Set down every entry exactly as it was written.

(Input records Opens)

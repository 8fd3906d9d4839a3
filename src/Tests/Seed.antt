-- ===== src/Tests/Seed.antt =====
-- Runs of go-core/internal/seed/seed.go.
use tinder_like_back.Base.{◌≡◌, refl, some, [], ◌∷◌, true}
use tinder_like_back.Geo.{FloatOps}
use tinder_like_back.Errors.{ok}
use tinder_like_back.Database.{Db}
use tinder_like_back.Database.{user_exists}
use tinder_like_back.Repository.Profiles.{profile_allowed}
use tinder_like_back.Repository.Discovery.{preferences_allowed}
use tinder_like_back.Repository.Ribbon.{pair_allowed}
use tinder_like_back.Seed.{load}
use tinder_like_back.Seed.Twice.{Repeats, load-Repeats}
use tinder_like_back.Tests.{whole, town, calm}

-- Floats of which nothing is asked: every comparison holds.
abbrev pub permissive : FloatOps
permissive = record whole { le = λ a b. true }

abbrev seeded : Db
seeded = (load permissive calm (some (97 ∷ [])) town).1

seeded_once : load permissive calm (some (97 ∷ [])) town ≡ (ok tt, seeded)
unfolding load profile_allowed user_exists preferences_allowed pair_allowed
seeded_once = refl

load-Repeats_example : Repeats seeded (load permissive calm (some (98 ∷ [])) seeded)
load-Repeats_example =
    load-Repeats permissive calm calm (97 ∷ []) (98 ∷ []) town seeded seeded_once (λ stage. refl)
      refl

(Input records Closes)

Worked solution:
repository 8fd3906d9d4839a3
filename src/Tests/Seed.antt
-- ===== src/Tests/Seed.antt =====
-- Runs of go-core/internal/seed/seed.go.
use tinder_like_back.Base.{◌≡◌, refl, some, [], ◌∷◌, true}
use tinder_like_back.Geo.{FloatOps}
use tinder_like_back.Errors.{ok}
use tinder_like_back.Database.{Db}
use tinder_like_back.Database.{user_exists}
use tinder_like_back.Repository.Profiles.{profile_allowed}
use tinder_like_back.Repository.Discovery.{preferences_allowed}
use tinder_like_back.Repository.Ribbon.{pair_allowed}
use tinder_like_back.Seed.{load}
use tinder_like_back.Seed.Twice.{Repeats, load-Repeats}
use tinder_like_back.Tests.{whole, town, calm}

-- Floats of which nothing is asked: every comparison holds.
abbrev pub permissive : FloatOps
permissive = record whole { le = λ a b. true }

abbrev seeded : Db
seeded = (load permissive calm (some (97 ∷ [])) town).1

seeded_once : load permissive calm (some (97 ∷ [])) town ≡ (ok tt, seeded)
unfolding load profile_allowed user_exists preferences_allowed pair_allowed
seeded_once = refl

load-Repeats_example : Repeats seeded (load permissive calm (some (98 ∷ [])) seeded)
load-Repeats_example =
    load-Repeats permissive calm calm (97 ∷ []) (98 ∷ []) town seeded seeded_once (λ stage. refl)
      refl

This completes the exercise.